Der Carsharing-Markt erlebt eine paradoxe Entwicklung: Während die Nutzerzahlen historische Rekorde brechen, schrumpfen die Flotten spürbar. Der Grund liegt in explodierenden Betriebskosten.
Das Jahr 2026 markiert einen Wendepunkt in der deutschen Carsharing-Branche. Die Zeit des aggressiven Wachstums um jeden Preis ist vorbei; Effizienz ist das neue Mantra. Ein Blick auf die aktuellen Zahlen offenbart eine drastische Marktverschiebung: Im stationsbasierten Segment ist die Zahl der Fahrberechtigten um beachtliche 11,8 Prozent im Vergleich zum Vorjahr gestiegen. Damit wurde erstmals die magische Marke von knapp einer Million registrierten Nutzern in diesem Teilbereich geknackt. Doch wer nun erwartet, dass die Straßen mit neuen Sharing-Autos überschwemmt werden, irrt. Im gleichen Zeitraum ist die Gesamtflotte der Anbieter um knapp 5 Prozent geschrumpft.

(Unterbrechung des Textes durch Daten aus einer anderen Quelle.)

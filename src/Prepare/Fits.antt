-- ===== src/Prepare/Fits.antt =====
-- The keys that `fm_prepare_create_info` makes: their callbacks are lawful, and a packed key fits into
-- the buffer of a handle.
use mathlib.Core.Path.{subst}
use fastmem_mariadb.Prelude.{
  ℕ, zero, suc, ◌+◌, ◌%◌, ◌≤◌, ◌<◌, ◌≡◌, refl, sym, Bool, true, false, List, [], ◌∷◌, ◌++◌,
  if◌then◌else◌, length, drop, ◌⊎◌, inl, inr, arith,
}
use fastmem_mariadb.Core.{Bytes, u32_mod, read_bytes, rest_of}
use fastmem_mariadb.Core.Wf.{LawfulKey}
use fastmem_mariadb.KeyDef.{
  Charset, SegType, text, vartext1, vartext2, varbinary1, varbinary2, bit, binary, KeySeg,
}
use fastmem_mariadb.Hash.{Server, nullable, is_null, has_bits, packed_length, bits_of}
use fastmem_mariadb.Hash.Callbacks.{key_ops}
use fastmem_mariadb.Hash.MakeKey.{copied_length, make_key}
use fastmem_mariadb.Hash.Parts.{Collates, SegOk}
use fastmem_mariadb.Hash.Lawful.{SegsOk, BitsLast, key_ops-LawfulKey}
use fastmem_mariadb.Registry.{CreateInfo}
use fastmem_mariadb.Prepare.{
  KeyTypes, KeyPart, Key, SqlTable, prepared, final_type, final_start, final_seg, part_length,
  key_length, make_seg, make_segs, final_segs, make_keydef, keydef_at, prepare_create_info,
}
use fastmem_mariadb.Prepare.Bounds.{prepared-ci, prepare_create_info-Bounded}

-- A column of a key part: its character set is in order, and it is not empty.
abbrev pub PartsOk : List KeyPart → Type 0
PartsOk [] = Unit
PartsOk (p ∷ ps) = Collates p.field.charset × (0 < p.length) × PartsOk ps

abbrev pub KeysOk : List Key → Type 0
KeysOk [] = Unit
KeysOk (key ∷ keys) = PartsOk key.parts × KeysOk keys

final_start-width :
    (ty : SegType) (b : ℕ)
    → final_type ty ≡ vartext1
    → (final_start ty b ≡ 1) ⊎ (final_start ty b ≡ 2)
final_start-width text b e = ground (arith, e)
final_start-width vartext1 b e = inl refl
final_start-width vartext2 b e = inr refl
final_start-width varbinary1 b e = inl refl
final_start-width varbinary2 b e = inr refl
final_start-width bit b e = ground (arith, e)
final_start-width binary b e = ground (arith, e)

final_seg-SegOk :
    (ha : KeyTypes) (cb : Charset) (p : KeyPart)
    → Collates cb
    → Collates p.field.charset
    → 0 < p.length
    → SegOk (final_seg (make_seg ha cb p))
unfolding final_seg make_seg
final_seg-SegOk ha cb p ok_bin ok positive = record {
  collates = elim p.field.enum_or_set as (λ b. Collates (if b then cb else p.field.charset)) [
    | true ↦ ok_bin
    | false ↦ ok
  ];
  length_bytes = final_start-width (make_seg ha cb p).type (make_seg ha cb p).bit_start;
  bit_byte = λ e. positive;
}

final_segs-SegsOk :
    (ha : KeyTypes) (cb : Charset) (ps : List KeyPart)
    → Collates cb
    → PartsOk ps
    → SegsOk (final_segs (make_segs ha cb ps))
unfolding final_segs make_segs
final_segs-SegsOk ha cb [] ok_bin ok = tt
final_segs-SegsOk ha cb (p ∷ ps) ok_bin (ok, positive, oks) =
    (final_seg-SegOk ha cb p ok_bin ok positive, final_segs-SegsOk ha cb ps ok_bin oks)

pub keydef_at-SegsOk :
    (ha : KeyTypes) (cb : Charset) (keys : List Key) (k : ℕ)
    → Collates cb
    → KeysOk keys
    → SegsOk (keydef_at ha cb keys k).segs
unfolding keydef_at make_keydef
keydef_at-SegsOk ha cb [] k ok_bin ok = tt
keydef_at-SegsOk ha cb (key ∷ keys) zero ok_bin (ok, oks) =
    final_segs-SegsOk ha cb key.parts ok_bin ok
keydef_at-SegsOk ha cb (key ∷ keys) (suc k) ok_bin (ok, oks) =
    keydef_at-SegsOk ha cb keys k ok_bin oks

-- The bytes of a packed key.
unfoldable pub total_length : List KeySeg → ℕ
total_length [] = 0
total_length (s ∷ ss) = packed_length s + (if nullable s then 1 else 0) + total_length ss

part_length-final :
    (ty : SegType) (s : KeySeg)
    → s.type ≡ ty
    → part_length s ≡ packed_length (final_seg s) + (if nullable s then 1 else 0)
unfolding final_seg
part_length-final text s e = ground (arith, e)
part_length-final vartext1 s e = ground (arith, e)
part_length-final vartext2 s e = ground (arith, e)
part_length-final varbinary1 s e = ground (arith, e)
part_length-final varbinary2 s e = ground (arith, e)
part_length-final bit s e = ground (arith, e)
part_length-final binary s e = ground (arith, e)

key_length-total :
    (n : ℕ) (ss : List KeySeg)
    → n + total_length (final_segs ss) < u32_mod
    → key_length n ss ≡ n + total_length (final_segs ss)
unfolding key_length total_length final_segs final_seg
key_length-total n [] room = omega arith
key_length-total n (s ∷ ss) room =
    let part = part_length-final s.type s refl in
    let sum : (n + part_length s) % u32_mod ≡ n + part_length s = omega (arith, room, part) in
    rw sum
      (omega (arith, part, key_length-total (n + part_length s) ss (omega (arith, room, part))))

length-append : (a b : Bytes) → length (a ++ b) ≡ length a + length b
length-append [] b = omega arith
length-append (x ∷ a) b = omega (arith, length-append a b)

length-pieces :
    (a b c d : Bytes) → length (a ++ b ++ c ++ d) ≡ length a + length b + length c + length d
length-pieces a b c d =
    omega (arith, length-append (a ++ b ++ c) d, length-append (a ++ b) c, length-append a b)

length-read_bytes : (n : ℕ) (b : Bytes) → length (read_bytes n b) ≡ n
unfolding read_bytes
length-read_bytes zero b = refl
length-read_bytes (suc n) b = omega (arith, length-read_bytes n (rest_of b))

copied_length-bound :
    (s : KeySeg) (pos : Bytes)
    → SegOk s
    → copied_length s pos + (if has_bits s then 1 else 0) ≤ packed_length s
unfolding copied_length
copied_length-bound s pos ok = ground (arith, ok.length_bytes, ok.bit_byte)

length-make_key :
    (sv : Server) (ss : List KeySeg) (rec : Bytes)
    → SegsOk ss
    → length (make_key sv ss rec) ≤ total_length ss
unfolding make_key total_length
length-make_key sv [] rec ok = omega arith
length-make_key sv (s ∷ ss) rec (o, ok) =
    let pos = drop s.start rec in
    let null_byte : Bytes = if nullable s then (if is_null s rec then 1 else 0) ∷ [] else [] in
    let bits_byte : Bytes = if has_bits s then bits_of sv s rec ∷ [] else [] in
    let body = read_bytes (copied_length s pos) pos in
    let nulls : length null_byte ≡ (if nullable s then 1 else 0) = ground arith in
    let bits : length bits_byte ≡ (if has_bits s then 1 else 0) = ground arith in
    omega (
      arith,
      length-pieces null_byte bits_byte body (make_key sv ss rec),
      length-read_bytes (copied_length s pos) pos,
      copied_length-bound s pos o,
      length-make_key sv ss rec ok,
      nulls,
      bits,
    )

keydef_at-length :
    (ha : KeyTypes) (cb : Charset) (keys : List Key) (k : ℕ)
    → total_length (keydef_at ha cb keys k).segs < u32_mod
    → (keydef_at ha cb keys k).length ≡ total_length (keydef_at ha cb keys k).segs
unfolding keydef_at make_keydef total_length
keydef_at-length ha cb [] k room = refl
keydef_at-length ha cb (key ∷ keys) zero room =
    omega (arith, key_length-total 0 (make_segs ha cb key.parts) (omega (arith, room)))
keydef_at-length ha cb (key ∷ keys) (suc k) room = keydef_at-length ha cb keys k room

module _ (ha : KeyTypes) (cb : Charset) (t : SqlTable) (internal granted : Bool) (ci : CreateInfo)
    (made : prepare_create_info ha cb t internal granted ≡ prepared ci) (ok_bin : Collates cb)
    (ok : KeysOk t.key_info) where
  prepared-SegsOk : (k : ℕ) → SegsOk (ci.keydef k).segs
  prepared-SegsOk k =
      subst (λ d. SegsOk (d k).segs) (sym (prepared-ci ha cb t internal granted ci made).0)
        (keydef_at-SegsOk ha cb t.key_info k ok_bin ok)

  -- The callbacks of the key definitions that are prepared are lawful. The character sets are consistent, no
  -- key part is empty, and a BIT segment with bits apart is the last of its key.
  pub prepared-LawfulKey :
      (sv : Server) (k : ℕ) → BitsLast (ci.keydef k).segs → LawfulKey (key_ops sv (ci.keydef k))
  prepared-LawfulKey sv k last = key_ops-LawfulKey sv (ci.keydef k) (prepared-SegsOk k) last

  -- A key that `fm_make_key` packs from any record is at most `max_key_length` bytes long, so it fits into the
  -- buffer `lastkey` of a handle. The information is prepared from columns as above, and the lengths of a
  -- key's parts sum up to less than 2 ^ 32.
  pub make_key-fits :
      (sv : Server) (k : ℕ) (rec : Bytes)
      → k < ci.keys
      → total_length (ci.keydef k).segs < u32_mod
      → length (make_key sv (ci.keydef k).segs rec) ≤ ci.max_key_length
  make_key-fits sv k rec lt room =
      let bounds = prepare_create_info-Bounded ha cb t internal granted ci made in
      let exact : (ci.keydef k).length ≡ total_length (ci.keydef k).segs =
        subst (λ d. total_length (d k).segs < u32_mod → (d k).length ≡ total_length (d k).segs)
          (sym (prepared-ci ha cb t internal granted ci made).0)
          (keydef_at-length ha cb t.key_info k) room in
      omega
        (arith, bounds.3 k lt, exact, length-make_key sv (ci.keydef k).segs rec (prepared-SegsOk k))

Wie passt das zusammen? Die Antwort findet sich in den Bilanzen der großen Player wie Miles, Share Now (inzwischen Free2move) und Sixt share. Die Betriebskosten für Fahrzeugflotten sind in den letzten 24 Monaten exorbitant gestiegen. Ersatzteile sind teuer, die Stundenverrechnungssätze in den Werkstätten haben neue Rekordhöhen erreicht und die Versicherungsprämien für die stark beanspruchten Sharing-Fahrzeuge belasten die Margen massiv. Vandalismus und Unfallschäden in Großstädten tun ihr Übriges.
Um in diesem Umfeld profitabel zu bleiben oder zu werden, zwingt der Kostendruck die Betreiber zu einer rigorosen Flottenoptimierung. Fahrzeuge, die keine ausreichende Auslastung erzielen oder in Randgebieten zu lange ungenutzt stehen, werden konsequent abgezogen. Algorithmen zur Flottensteuerung sind heute das wichtigste Werkzeug der Disponenten. Die Reduzierung der Fahrzeuganzahl bei gleichzeitig steigender Kundenzahl bedeutet in der Praxis: Jedes einzelne Auto wird intensiver genutzt. Für die Anbieter steigt die Rentabilität pro Fahrzeug, für die Nutzer bedeutet dies jedoch in Stoßzeiten eine potenziell geringere Verfügbarkeit. Die große Konsolidierung 2026 zeigt deutlich, dass Carsharing den Kinderschuhen entwachsen ist und harten betriebswirtschaftlichen Realitäten unterliegt.